Last night the moon of winds cast shadows on our yard, elongated dogwoods, thick oak trunks and thin lines of multiple raspberry canes.  This point in the seasonal change is delicate.  Thin ice forms a lattice over the snow while tiny drops of water gather along the roof line ready to plummet the final distance to the earth.  Snow and grass play encirclement with grass spreading outward from trees and shrubs while the snow holds its own over the lawn, the hills and prairie grass.  Here there daubs of photosynthetic green have begun to appear.  Rosemary beneath the steps.  Tufts of grass up close to the house.  It is a gradual change for the moment, but soon the earth will leap and shout, fly flags of bright colors and clothe itself again in verdant splendor.

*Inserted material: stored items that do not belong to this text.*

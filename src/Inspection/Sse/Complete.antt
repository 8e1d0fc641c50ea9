-- ===== src/Inspection/Sse/Complete.antt =====
-- inspection/engine.py: a stream that passes ends with its terminal event.
use ai_security_gateway.Base.{
  String, ◌≡◌, refl, ◌∙◌, Bool, true, false, ◌&&◌, not, Option, none, some, List, [], ◌∷◌, arith,
  Bool-cases, inl, inr, if◌then◌else◌,
}
use ai_security_gateway.Base.Result.{ok, bind-ok}
use ai_security_gateway.Inspection.Json.{obj, Fields, member}
use ai_security_gateway.Inspection.Sse.{Family, anthropic, StreamState, initial, as_type, refuse}
use ai_security_gateway.Inspection.Sse.Anthropic.{has_open}
use ai_security_gateway.Inspection.Sse.Stream.{
  Event, no_data, done, data_event, classify, same_family, is_mixed, value_event, done_event,
  data_step, has_data, step, steps, needs_terminal, finish, accept,
}
use ai_security_gateway.Inspection.Sse.Final.{is_final, is_final_value, classify-Ends}

-- The events with data.
unfoldable pub with_data : List Event → List Event
with_data [] = []
with_data (e ∷ es) = if has_data e then e ∷ with_data es else with_data es

-- The last event ends the stream, and no other does.
unfoldable pub ends_final : List Event → Bool
ends_final [] = false
ends_final (e ∷ []) = is_final e
ends_final (e ∷ f ∷ es) = not (is_final e) && ends_final (f ∷ es)

abbrev pub is_anthropic : Option Family → Bool
is_anthropic none = false
is_anthropic (some f) = same_family f anthropic

-- A stream of messages that has ended has no open content block.
abbrev pub is_closed : StreamState → Bool
is_closed s = not (is_anthropic s.family && s.terminal && has_open s.anthropic_open)

module _ (is_zero : String → Bool) where
  value_event-final :
      (name : Option String) (value : Fields) (s t : StreamState)
      → value_event is_zero name value s ≡ ok t
      → (t.terminal ≡ is_final_value value) × (is_closed t ≡ true)
  unfolding value_event
  value_event-final name value s t h =
      let (current, e, h1) = bind-ok (classify is_zero value s) _ h in
      let (u, e1, h2) = bind-ok (refuse (is_mixed s.family current.0) "mixed_sse_protocols") _ h1 in
      let (kind, e2, h3) = bind-ok (as_type (member "type" value)) _ h2 in
      ground (arith, h3, classify-Ends is_zero value s current e)

  data_step-final :
      (e : Event) (s t : StreamState)
      → data_step is_zero e s ≡ ok t
      → has_data e ≡ true
      → (t.terminal ≡ is_final e) × (is_closed t ≡ true)
  unfolding data_step done_event
  data_step-final no_data s t h d = ground arith
  data_step-final done s t h d = ground arith
  data_step-final (data_event name (obj value)) s t h d = value_event-final name value s t h
  data_step-final (data_event name j) s t h d = ground arith

  step-data :
      (e : Event) (s t : StreamState)
      → step is_zero e s ≡ ok t
      → has_data e ≡ true
      → (s.terminal ≡ false) × (t.terminal ≡ is_final e) × (is_closed t ≡ true)
  unfolding step
  step-data e s t h d =
      let (u, e1, k) = bind-ok (refuse (has_data e && s.terminal) "sse_data_after_terminal") _ h in
      ground (arith, d, e1, data_step-final e s t k d)

  step-no_data :
      (e : Event) (s t : StreamState) → step is_zero e s ≡ ok t → has_data e ≡ false → t ≡ s
  unfolding step data_step
  step-no_data e s t h d = ground arith

  -- After the terminal event there is no data.
  steps-terminal :
      (es : List Event) (s t : StreamState)
      → steps is_zero es s ≡ ok t
      → s.terminal ≡ true
      → with_data es ≡ []
  unfolding steps with_data
  steps-terminal [] s t h k = refl
  steps-terminal (e ∷ es) s t h k =
      let (m, e1, h1) = bind-ok (step is_zero e s) _ h in
      elim (Bool-cases (has_data e)) [
        | inl d ↦ ground (arith, k, step-data e s m e1 d)
        | inr d ↦ ground (arith, k, d, step-no_data e s m e1 d, steps-terminal es m t h1)
      ]

  cons-final :
      (e : Event) (es : List Event)
      → (is_final e ≡ true → es ≡ [])
      → (is_final e ≡ false → ends_final es ≡ true)
      → ends_final (e ∷ es) ≡ true
  unfolding ends_final
  cons-final e [] f g = elim (Bool-cases (is_final e)) [ inl y ↦ y | inr n ↦ ground (arith, g n) ]
  cons-final e (x ∷ es) f g = elim (Bool-cases (is_final e)) [
    | inl y ↦ ground (arith, f y)
    | inr n ↦ ground (arith, n, g n)
  ]

  steps-final :
      (es : List Event) (s t : StreamState)
      → steps is_zero es s ≡ ok t
      → s.terminal ≡ false
      → t.terminal ≡ true
      → ends_final (with_data es) ≡ true
  unfolding steps with_data
  steps-final [] s t h k l = ground arith
  steps-final (e ∷ es) s t h k l =
      let (m, e1, h1) = bind-ok (step is_zero e s) _ h in
      elim (Bool-cases (has_data e)) [
        | inr d ↦ ground (arith, k, l, d, step-no_data e s m e1 d, steps-final es m t h1)
        | inl d ↦
            let (before, after, closed) = step-data e s m e1 d in
            rw d (
              cons-final e (with_data es) (λ y. steps-terminal es m t h1 (after ∙ y))
                (λ n. steps-final es m t h1 (after ∙ n) l))
      ]

  steps-closed :
      (es : List Event) (s t : StreamState)
      → steps is_zero es s ≡ ok t
      → is_closed s ≡ true
      → is_closed t ≡ true
  unfolding steps
  steps-closed [] s t h c = ground (arith, c)
  steps-closed (e ∷ es) s t h c =
      let (m, e1, h1) = bind-ok (step is_zero e s) _ h in
      elim (Bool-cases (has_data e)) [
        | inl d ↦
            let (before, after, closed) = step-data e s m e1 d in steps-closed es m t h1 closed
        | inr d ↦ ground (arith, c, step-no_data e s m e1 d, steps-closed es m t h1)
      ]

  -- A stream of chat completions, responses or messages that passes has its terminal event as the last
  -- event with data and nowhere else, and a stream of messages leaves no content block open.
  pub accept-ends_final :
      (es : List Event) (t : StreamState)
      → accept is_zero es ≡ ok t
      → needs_terminal t.family ≡ true
      → (ends_final (with_data es) ≡ true)
        × ((is_anthropic t.family && has_open t.anthropic_open) ≡ false)
  unfolding accept finish
  accept-ends_final es t h f =
      let (m, e, k) = bind-ok (steps is_zero es initial) finish h in
      let (u, e1, k1) = bind-ok (refuse (needs_terminal m.family && not m.terminal) _) _ k in
      ground (arith, f, e1, k1, steps-final es initial m e refl, steps-closed es initial m e refl)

Tour today with students, 6th graders, from a Muslim school in Fridley.  As near as I could tell, the kids were mostly Somalia, all born here, but there parents emigrated.  I had the boys, David Fortney had the girls.  We circled each other for half an hour in the Islamic gallery as these children drank in the physical objects of their cultures, linking themselves to the Seljuk Turks, the Safavid Persians and the Mughals of India.  After half an hour we went into the Weber Collection (Japanese traveling exhibition).  I asked them to become tea masters selecting objects for a tea ceremony for persons unfamiliar with Japanese art.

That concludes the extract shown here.